- [Exercise details]
Your task is to copy the stretch of lines in the records below that begins with the line containing "over_tvl : Payment" and ends with the line containing "if over_tvl p supply in_flight", exactly as written, with nothing added.
##### Exercise material
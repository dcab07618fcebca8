-- ===== src/FairWatcher.antt =====
-- services/bridge/src/workers/fair-watcher.ts: it turns the payments to the bridge's FairCoin
-- addresses into deposits and mint jobs, block by block behind a cursor.
pub mod Mints
pub mod Intents
pub mod Scan
pub mod Cursor
pub mod Rescan
mod Tests
use faircoin_bridge.Amounts.{apply_fee, sats_to_wei}
use faircoin_bridge.Concurrency.Bounds.{in_flight}
use faircoin_bridge.Effects.{
  Error, act, ask, catch, look, modify, pure, query, skip, throw, ◌>>=◌, ◌>>◌,
}
use faircoin_bridge.Models.Chain.{BlockTx, TxVout}
use faircoin_bridge.Models.Deposit.{Deposit, DepositStatus}
use faircoin_bridge.Prelude.{
  Bool, List, Option, [], equals, false, first, if◌then◌else◌, is_some, leb, ltb, none, some, suc,
  true, zero, ℕ, ◌&&◌, ◌*◌, ◌++◌, ◌+◌, ◌-◌, ◌==◌, ◌∷◌,
}
use faircoin_bridge.Prelude.Collection.{
  Collection, claim_by_id, find_all, find_one, next_id, update_by_id,
}
use faircoin_bridge.Store.{Action, Alert, Config, Env, MintJob, Store, alert}

-- The key of a payment: its transaction and the index of its output.
abbrev pub is_vout : ℕ → ℕ → Deposit → Bool
is_vout txid n d = equals txid d.fair_txid && equals n d.fair_vout

-- `voutAddress`
pub vout_address : TxVout → Option ℕ
vout_address v = go v.addresses
  where
    go : List ℕ → Option ℕ
    go (a ∷ _) = some a
    go [] = v.address

unfoldable pub is_open : DepositStatus → Bool
is_open DepositStatus.awaiting = true
is_open DepositStatus.detected = true
is_open _ = false

open_intent : ℕ → Deposit → Bool
open_intent address d = d.fair_address == address && is_open d.status

in_flight_status : DepositStatus → Bool
in_flight_status DepositStatus.detected = true
in_flight_status DepositStatus.confirmed = true
in_flight_status DepositStatus.minting = true
in_flight_status _ = false

total_wei : Collection Deposit → ℕ
total_wei [] = 0
total_wei ((_, d) ∷ c) = d.amount_wei + total_wei c

-- `sumInFlightWei`
pub in_flight_wei : Store → ℕ
in_flight_wei s = total_wei (find_all (λ d. in_flight_status d.status) s.deposits)

credited_status : DepositStatus → Bool
credited_status DepositStatus.confirmed = true
credited_status DepositStatus.minting = true
credited_status DepositStatus.minted = true
credited_status _ = false

day_ms : ℕ
day_ms = 86_400_000

counted : ℕ → ℕ → Deposit → Bool
counted base now d =
    d.base_address == base && leb (now - day_ms) d.created_at && credited_status d.status

total_sats : Collection Deposit → ℕ
total_sats [] = 0
total_sats ((_, d) ∷ c) = d.amount_sats + total_sats c

-- `sumDailyDepositSatsForAddress`
pub daily_sats : ℕ → ℕ → Store → ℕ
daily_sats base now s = total_sats (find_all (counted base now) s.deposits)

-- A payment to one of the bridge's addresses, as `processBlock` holds it.
pub record Payment : Type 0 where
  pub fair_address : ℕ
  pub fair_txid : ℕ
  pub fair_vout : ℕ
  pub fair_block_height : ℕ
  pub fair_confirmations : ℕ
  pub amount_sats : ℕ

-- What `matchVout` finds: the open intent with its key, and the earliest deposit of the address.
pub record MatchedDeposit : Type 0 where
  pub pending : Option (ℕ × Deposit)
  pub origin : Option (ℕ × Deposit)

abbrev pub set_payment : Payment → DepositStatus → ℕ → Deposit → Deposit
set_payment p status amount_wei d = record d {
  status = status;
  fair_txid = some p.fair_txid;
  fair_vout = some p.fair_vout;
  fair_block_height = some p.fair_block_height;
  fair_confirmations = p.fair_confirmations;
  amount_sats = p.amount_sats;
  amount_wei = amount_wei;
}

-- A document that `Deposit.create` is given for a payment.
abbrev pub new_deposit : (base : ℕ) (hd_index : Option ℕ) → Payment → DepositStatus → ℕ → Deposit
new_deposit base hd_index p status amount_wei = record {
  base_address = base;
  fair_address = p.fair_address;
  hd_index = hd_index;
  status = status;
  fair_txid = some p.fair_txid;
  fair_vout = some p.fair_vout;
  fair_block_height = some p.fair_block_height;
  fair_confirmations = p.fair_confirmations;
  amount_sats = p.amount_sats;
  amount_wei = amount_wei;
  base_mint_tx_hash = none;
  base_mint_block_number = none;
  safe_tx_hash = none;
  client_ip = none;
  created_at = 0;
}

-- What `Deposit.create` does, given a document with the same payment; `none` is a duplicate.
insert_unless : Option (ℕ × Deposit) → (id now : ℕ) → Deposit → Store → Option ℕ × Store
insert_unless (some _) id now d s = (none, s)
insert_unless none id now d s =
    (some id, record s { deposits = s.deposits ++ (id, record d { created_at = now }) ∷ [] })

set_cursor : ℕ → Store → Store
set_cursor block s = record s { fair_cursor = some block }

initial_backfill_blocks : ℕ
initial_backfill_blocks = 100

upsert_cursor : ℕ → Store → ℕ × Store
upsert_cursor tip s = elim s.fair_cursor [
  | some last ↦ (last, s)
  | none ↦ (tip - initial_backfill_blocks, set_cursor (tip - initial_backfill_blocks) s)
]

-- The wei that a payment is worth after the fee.
unfoldable pub post_fee_wei : Config → Payment → ℕ
post_fee_wei config p = apply_fee (p.amount_sats * sats_to_wei) config.bridge_fee_bps

job_of : (id base : ℕ) → Payment → ℕ → MintJob
job_of id base p wei = record {
  deposit_id = id;
  base_address = base;
  amount_wei = wei;
  fair_txid = p.fair_txid;
  fair_vout = p.fair_vout;
}

orphan_deposit_age_ms : ℕ
orphan_deposit_age_ms = 300_000

is_confirmed : DepositStatus → Bool
is_confirmed DepositStatus.confirmed = true
is_confirmed _ = false

-- The filter of `reconcileOrphanDeposits`.
orphaned : ℕ → Deposit → Bool
orphaned now d =
    is_confirmed d.status
    && ltb d.created_at (now - orphan_deposit_age_ms)
    && is_some d.fair_txid
    && is_some d.fair_vout

module _ (config : Config) (env : Env) where
  open env use {fate}

  created : Option ℕ → Action ℕ
  created none = throw Error.duplicate_key
  created (some id) = pure id

  create_deposit : (base : ℕ) → Option ℕ → Payment → DepositStatus → ℕ → Action ℕ
  create_deposit base hd_index p status wei =
      act fate (λ n s.
        insert_unless (find_one (is_vout p.fair_txid p.fair_vout) s.deposits) (next_id s.deposits)
          (env.now n) (new_deposit base hd_index p status wei) s)
      >>= created

  find_origin : ℕ → Option (ℕ × Deposit) → Action (Option (ℕ × Deposit))
  find_origin address (some found) = pure (some found)
  find_origin address none = query fate (λ s. find_one (λ d. d.fair_address == address) s.deposits)

  -- The documents of `matchVout`.
  match_deposit : ℕ → Action MatchedDeposit
  match_deposit address = do
    pending ← query fate (λ s. find_one (open_intent address) s.deposits)
    origin ← find_origin address pending
    pure (record { pending = pending; origin = origin })

  -- `persistTerminalDeposit`
  persist_terminal_deposit :
      Option (ℕ × Deposit) → (base : ℕ) → Option ℕ → Payment → Action (Unit {0})
  persist_terminal_deposit (some (id, _)) base hd_index p = modify fate (λ s. record s {
    deposits =
        update_by_id id (set_payment p DepositStatus.failed (p.amount_sats * sats_to_wei))
          s.deposits;
  })
  persist_terminal_deposit none base hd_index p =
      create_deposit base hd_index p DepositStatus.failed (p.amount_sats * sats_to_wei) >> skip

  add_mint_job : MintJob → Action (Unit {0})
  add_mint_job job = modify fate (λ s. record s { mint_jobs = job ∷ s.mint_jobs })

  refuse : Option (ℕ × Deposit) → Deposit → Payment → Alert → Action (Unit {0})
  refuse pending origin p a = do
    persist_terminal_deposit pending origin.base_address origin.hd_index p
    alert env a

  add_mint : ℕ → Payment → Option ℕ → Action (Unit {0})
  add_mint base p none = skip
  add_mint base p (some id) = add_mint_job (job_of id base p (post_fee_wei config p))

  confirmed_key : ℕ → Option Deposit → Option ℕ
  confirmed_key id none = none
  confirmed_key id (some _) = some id

  ignore_duplicate : Error → Action (Option ℕ)
  ignore_duplicate Error.duplicate_key = pure none
  ignore_duplicate e = throw e

  -- The document that becomes CONFIRMED, if no other watcher was faster.
  confirm : Option (ℕ × Deposit) → Deposit → Payment → Action (Option ℕ)
  confirm (some (id, _)) origin p = act fate (λ n s.
      let (found, c) =
        claim_by_id id (λ d. is_open d.status)
          (set_payment p DepositStatus.confirmed (post_fee_wei config p)) s.deposits in
      (confirmed_key id found, record s { deposits = c }))
  confirm none origin p =
      catch
        (create_deposit origin.base_address origin.hd_index p DepositStatus.confirmed
            (post_fee_wei config p)
          >>= (λ id. pure (some id)))
        ignore_duplicate

  confirm_and_mint : Option (ℕ × Deposit) → Deposit → Payment → Action (Unit {0})
  confirm_and_mint pending origin p = confirm pending origin p >>= add_mint origin.base_address p

  below_minimum : Payment → Bool
  below_minimum p = ltb p.amount_sats config.min_deposit_sats

  over_daily_cap : Payment → ℕ → Bool
  over_daily_cap p daily_so_far =
      ltb config.per_address_daily_cap_sats (daily_so_far + p.amount_sats)

  pub max_tvl_wei : ℕ
  max_tvl_wei = config.max_tvl_fair * 100_000_000 * sats_to_wei

  over_tvl : Payment → (supply in_flight : ℕ) → Bool
  over_tvl p supply in_flight = ltb max_tvl_wei (supply + in_flight + post_fee_wei config p)

  check_tvl : Option (ℕ × Deposit) → Deposit → Payment → Action (Unit {0})
  check_tvl pending origin p = do
    supply ← ask fate env.total_supply
    in_flight ← query fate in_flight_wei
    if over_tvl p supply in_flight
        then refuse pending origin p (Alert.tvl_exceeded p.fair_txid)
        else confirm_and_mint pending origin p

  check_daily : Option (ℕ × Deposit) → Deposit → Payment → Action (Unit {0})
  check_daily pending origin p = do
    daily_so_far ← act fate (λ n s. (daily_sats origin.base_address (env.now n) s, s))
    if over_daily_cap p daily_so_far
        then refuse pending origin p (Alert.deposit_over_cap p.fair_txid)
        else check_tvl pending origin p

  accept : Option (ℕ × Deposit) → Payment → Option (ℕ × Deposit) → Action (Unit {0})
  accept pending p none = do
    create_deposit 0 none p DepositStatus.failed (p.amount_sats * sats_to_wei)
    alert env (Alert.unsolicited_deposit p.fair_txid)
  accept pending p (some (_, origin)) =
      if below_minimum p
      then refuse pending origin p (Alert.dust_deposit p.fair_txid)
      else check_daily pending origin p

  unless_seen : Payment → MatchedDeposit → Option (ℕ × Deposit) → Action (Unit {0})
  unless_seen p match (some _) = skip
  unless_seen p match none = accept match.pending p match.origin

  -- The body of the loop of `processBlock`, for an output that pays the bridge.
  pub process_payment : Payment → Action (Unit {0})
  process_payment p = do
    match ← match_deposit p.fair_address
    already ← query fate (λ s. find_one (is_vout p.fair_txid p.fair_vout) s.deposits)
    unless_seen p match already

  payment_of : (height tip txid : ℕ) → TxVout → ℕ → Payment
  payment_of height tip txid v address = record {
    fair_address = address;
    fair_txid = txid;
    fair_vout = v.n;
    fair_block_height = height;
    fair_confirmations = tip - height + 1;
    amount_sats = v.sats;
  }

  process_output : (height tip txid : ℕ) → TxVout → Option ℕ → Action (Unit {0})
  process_output height tip txid v none = skip
  process_output height tip txid v (some address) = do
    known ← look (λ n. env.is_known_address n address)
    if known then process_payment (payment_of height tip txid v address) else skip

  process_vouts : (height tip txid : ℕ) → List TxVout → Action (Unit {0})
  process_vouts height tip txid [] = skip
  process_vouts height tip txid (v ∷ vs) =
      process_output height tip txid v (vout_address v) >> process_vouts height tip txid vs

  process_txs : (height tip : ℕ) → List BlockTx → Action (Unit {0})
  process_txs height tip [] = skip
  process_txs height tip (tx ∷ txs) =
      process_vouts height tip tx.txid tx.vout >> process_txs height tip txs

  -- `processBlock`
  pub process_block : (height tip : ℕ) → Action (Unit {0})
  process_block height tip = ask fate (λ n. env.block_txs n height) >>= process_txs height tip

  readd : ℕ → Deposit → Option ℕ → Option ℕ → Action (Unit {0})
  readd id d (some txid) (some vout) = add_mint_job (record {
    deposit_id = id;
    base_address = d.base_address;
    amount_wei = d.amount_wei;
    fair_txid = txid;
    fair_vout = vout;
  })
  readd id d _ _ = skip

  add_orphans : Collection Deposit → Action (Unit {0})
  add_orphans [] = skip
  add_orphans ((id, d) ∷ c) = readd id d d.fair_txid d.fair_vout >> add_orphans c

  -- `reconcileOrphanDeposits`, 50 documents at a time
  pub reconcile_orphan_deposits : Action (Unit {0})
  reconcile_orphan_deposits =
      act fate (λ n s. (first 50 (find_all (orphaned (env.now n)) s.deposits), s)) >>= add_orphans

  -- The `for` loop over the blocks from `h`, `blocks` of them.
  scan : (blocks h tip : ℕ) → Action (Unit {0})
  scan zero h tip = skip
  scan (suc blocks) h tip = do
    let next = scan blocks (h + 1) tip
    aborted ← look env.aborted
    if aborted then skip else process_block h tip >> modify fate (set_cursor h) >> next

  -- The body of the `try` in `startFairWatcher`.
  pub scan_chain : Action (Unit {0})
  scan_chain = do
    reconcile_orphan_deposits
    tip ← ask fate env.fair_tip
    last ← act fate (λ _ s. upsert_cursor tip s)
    scan (tip - config.fair_confirmations - last) (last + 1) tip

  -- `startFairWatcher`, for a number of rounds; what a round throws is logged.
  pub fair_watcher : ℕ → Action (Unit {0})
  fair_watcher zero = skip
  fair_watcher (suc rounds) = do
    let next = fair_watcher rounds
    aborted ← look env.aborted
    if aborted then skip else catch scan_chain (λ _. skip) >> next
##########
- [Output below]
  over_tvl : Payment → (supply in_flight : ℕ) → Bool
  over_tvl p supply in_flight = ltb max_tvl_wei (supply + in_flight + post_fee_wei config p)

  check_tvl : Option (ℕ × Deposit) → Deposit → Payment → Action (Unit {0})
  check_tvl pending origin p = do
    supply ← ask fate env.total_supply
    in_flight ← query fate in_flight_wei
    if over_tvl p supply in_flight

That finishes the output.